In this first part, we’re just going to write down all the hypothesis and some extra information.
The second part will contain all the results visualization stuff, including the use of SAP UI5 and its combination with D3js.
What is the Link Prediction problem?
For the problem definition, I’m taking the most part of the title from this paper. In that paper, we have a main question that states:
Given a snapshot of a social network, can we infer which new interactions among its members are likely to occur in the near future?
The main point is to measure the proximity in nodes to try to find interesting information. This means that, with the Link Prediction algorithm, we can anticipate those relationships that will occur given a directed graph.
In the Predictive Analysis Library (PAL) included in HANA, there is an algorithm called Link Prediction that makes all this calculations.
The number of possible applications is very large. Actually, Lucas Sparvieri has written a very interesting one.
Doing something similar, in our particular case, we’re going to analyse the relations between those who buy something from others, and those who sell something to others.

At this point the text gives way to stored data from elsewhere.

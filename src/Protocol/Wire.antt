-- ===== src/Protocol/Wire.antt =====
-- The header of include/rest_rpc/rest_rpc_protocol.hpp as the bytes that are sent and read.
use mathlib.Core.List.{append_assoc}
use rest_rpc.Base.{
  ℕ, ◌^◌, ◌<◌, ◌≡◌, ◌∙◌, ap, subst, arith, List, ◌∷◌, ◌++◌, some, length, length-append,
  le→ltb_false, take, drop, take-append, drop-append, ltb, false,
}
use rest_rpc.Base.Bytes.{
  be_bytes, length-le_bytes, length-be_bytes, of_le_bytes-le_bytes, of_be_bytes-be_bytes,
}
use rest_rpc.Protocol.{
  Endian, little, big, Host, store, load, RestRpcHeader, IsHeader, header_bytes, header_of_bytes,
  prepare_for_send, header_size,
}
use rest_rpc.Protocol.Order.{store-htonll, htonll_layout, htonll-lt}

length-store : (e : Endian) (k v : ℕ) → length (store e k v) ≡ k
length-store little k v = length-le_bytes k v
length-store big k v = length-be_bytes k v

load-store : (e : Endian) (k v : ℕ) → v < 256 ^ k → load e (store e k v) ≡ v
load-store little k v h = of_le_bytes-le_bytes k v h
load-store big k v h = of_be_bytes-be_bytes k v h

-- A field at the front of what is left, and what comes after it.
field :
    (e : Endian) (k v : ℕ) (rest : List ℕ)
    → v < 256 ^ k
    → (load e (take k (store e k v ++ rest)) ≡ v) × (drop k (store e k v ++ rest) ≡ rest)
field e k v rest h =
    let size = length-store e k v in
    (
      ap (load e) (
            subst (λ n. take n (store e k v ++ rest) ≡ store e k v) size
              (take-append (store e k v) rest))
          ∙ load-store e k v h,
      subst (λ n. drop n (store e k v ++ rest) ≡ rest) size (drop-append (store e k v) rest),
    )

module _ (e : Endian) (h : RestRpcHeader) where
  abbrev field_bytes : List ℕ
  field_bytes =
      store e 4 h.function_id
      ++ (store e 8 h.seq_num ++ (store e 8 h.body_len ++ store e 8 h.attach_length))

  length-field_bytes : length field_bytes ≡ 28
  length-field_bytes = omega (
    arith,
    length-append (store e 4 h.function_id)
        (store e 8 h.seq_num ++ (store e 8 h.body_len ++ store e 8 h.attach_length)),
    length-append (store e 8 h.seq_num) (store e 8 h.body_len ++ store e 8 h.attach_length),
    length-append (store e 8 h.body_len) (store e 8 h.attach_length),
    length-store e 4 h.function_id,
    length-store e 8 h.seq_num,
    length-store e 8 h.body_len,
    length-store e 8 h.attach_length,
  )

  pub length-header_bytes : length (header_bytes e h) ≡ header_size
  unfolding header_bytes
  length-header_bytes = omega (arith, length-field_bytes)

  regroup :
      (rest : List ℕ)
      → field_bytes ++ rest
        ≡ store e 4 h.function_id
          ++ (store e 8 h.seq_num ++ (store e 8 h.body_len ++ (store e 8 h.attach_length ++ rest)))
  regroup rest = simp append_assoc

  long_enough : (rest : List ℕ) → ltb (length (field_bytes ++ rest)) 28 ≡ false
  long_enough rest =
      le→ltb_false 28 (length (field_bytes ++ rest))
        (omega (arith, length-append field_bytes rest, length-field_bytes))

  -- The 32 bytes of a header make up that header again on a host of the same order, whatever
  -- follows them.
  pub header_of_bytes-header_bytes :
      (rest : List ℕ) → IsHeader h → header_of_bytes e (header_bytes e h ++ rest) ≡ some h
  unfolding header_of_bytes header_bytes
  header_of_bytes-header_bytes rest w =
      let attach = field e 8 h.attach_length rest w.attach_length_fits in
      let body = field e 8 h.body_len (store e 8 h.attach_length ++ rest) w.body_len_fits in
      let seq =
        field e 8 h.seq_num (store e 8 h.body_len ++ (store e 8 h.attach_length ++ rest))
          w.seq_num_fits in
      let id =
        field e 4 h.function_id
          (store e 8 h.seq_num ++ (store e 8 h.body_len ++ (store e 8 h.attach_length ++ rest)))
          w.function_id_fits in
      rw (long_enough rest, regroup rest, id.0, id.1, seq.0, seq.1, body.0, body.1, attach.0)

-- The bytes of a header that `prepare_for_send` has converted on a little-endian host: the four
-- numbers in network order, the highest byte first.
abbrev pub network_bytes : RestRpcHeader → List ℕ
network_bytes h =
    h.magic
    ∷ h.version
    ∷ h.serialize_type
    ∷ h.msg_type
    ∷ (be_bytes 4 h.function_id
        ++ (be_bytes 8 h.seq_num ++ (be_bytes 8 h.body_len ++ be_bytes 8 h.attach_length)))

-- On a little-endian host a prepared header is sent in network order.
pub header_bytes-prepare_for_send :
    (host : Host) (h : RestRpcHeader)
    → host.endian ≡ little
    → IsHeader h
    → header_bytes host.endian (prepare_for_send host h) ≡ network_bytes h
unfolding header_bytes prepare_for_send
header_bytes-prepare_for_send host h e w =
    let laid = λ (v : ℕ) (p : v < 2 ^ 64). store-htonll host v p ∙ ap (λ o. htonll_layout o v) e in
    rw (
      host.htonl_network h.function_id w.function_id_fits,
      laid h.seq_num w.seq_num_fits,
      laid h.body_len w.body_len_fits,
      laid h.attach_length w.attach_length_fits,
    )

pub prepare_for_send-IsHeader :
    (host : Host) (h : RestRpcHeader) → IsHeader h → IsHeader (prepare_for_send host h)
unfolding prepare_for_send
prepare_for_send-IsHeader host h w = record {
  magic_fits = w.magic_fits;
  version_fits = w.version_fits;
  serialize_type_fits = w.serialize_type_fits;
  msg_type_fits = w.msg_type_fits;
  function_id_fits = host.htonl-lt h.function_id w.function_id_fits;
  seq_num_fits = htonll-lt host h.seq_num w.seq_num_fits;
  body_len_fits = htonll-lt host h.body_len w.body_len_fits;
  attach_length_fits = htonll-lt host h.attach_length w.attach_length_fits;
}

Our data set consists of those buyers and sellers with whom they establish a transaction. We take the difference when the person A buys something to the person B; this is a relation of type “B”. When the person A sells something to the person B, this is a relation of type “S”. Both cases are just the same, and we’re only going to address the “B”. We have information about the IDs of the buyers and sellers, the number of the month when the transaction was made, and also the year.
You can download our data set from here.
With the data already loaded, we have to prepare the procedure that will do the analysis.
We start creating all the control variables that will define the structure of the information, and so, execute the Link Prediction algorithm implemented in the Predictive Analysis Library:
create type PAL_LP_DATA_T as table ("NODE1" INTEGER, "NODE2" INTEGER); create type PAL_LP_RESULT_T as table ("NODE1" INTEGER, "NODE2" INTEGER, "SCORE" DOUBLE); create type PAL_CONTROL_T as table ( "NAME" VARCHAR(100), "INT_ARGS" INTEGER, "DOUBLE_ARGS" DOUBLE, "STRING_ARGS" VARCHAR(100) ); create column table PAL_LP_PDATA_TBL( "ID" INTEGER, "TYPENAME" VARCHAR(100), "DIRECTION" VARCHAR(100) );
According to the documentation, we need to do the next:
insert into PAL_LP_PDATA_TBL values (1, 'CARLOS.PAL_LP_DATA_T', 'in'); insert into PAL_LP_PDATA_TBL values (2, 'CARLOS.PAL_CONTROL_T', 'in'); insert into PAL_LP_PDATA_TBL values (2, 'CARLOS.PAL_LP_RESULT_T', 'out'); -- some times is necesary to uncomment the next line -- grant select on CARLOS.PAL_LP_PDATA_TBL to system;
After that, we generate the AFL wrappers:
call "SYSTEM"."AFL_WRAPPER_ERASER"('PAL_LINK_PREDICTION_BUYERS'); call "SYSTEM"."AFL_WRAPPER_GENERATOR"('PAL_LINK_PREDICTION_BUYERS', 'AFLPAL', 'LINKPREDICTION', PAL_LP_PDATA_TBL);
You can play with some method details. These details are well explained in the SAP PAL documentation.
create local temporary column table #PAL_CONTROL_TBL like PAL_CONTROL_T; insert into #PAL_CONTROL_TBL values ('THREAD_NUMBER', 1, null, null); insert into #PAL_CONTROL_TBL values ('METHOD', 1, null, null); insert into #PAL_CONTROL_TBL values ('BETA', null, 0.005, null);
The table with the data that will feed the algorithm is created then:
create column table PAL_LP_DATA_TBL AS ( select ID_FROM "NODE1", ID_TO "NODE2" from "CARLOS"."LOG_TRANS" where MONTH_IN_YEAR = 6 -- Selection of the desired month group by ID_FROM, ID_TO );
You have to create a table where the results will be deposited, and call the procedure:
create column table PAL_LP_RESULT_TBL LIKE PAL_LP_RESULT_T; call _SYS_AFL.PAL_LINK_PREDICTION_BUYERS(PAL_LP_DATA_TBL, #PAL_CONTROL_TBL, PAL_LP_RESULT_TBL) with overview; select NODE1 "BUYER", NODE2 "SELLER", SCORE from PAL_LP_RESULT_TBL;
You can also download this SQL script that contains all the previous steps.
Those are the results from the Link Prediction analysis. The Link Prediction algorithm gives you the most probably next relations, with their score. This score is the probability to occur. Remember that these are the edges of a directed graph, where each BUYER (and eventually the SELLERS) are the vertices.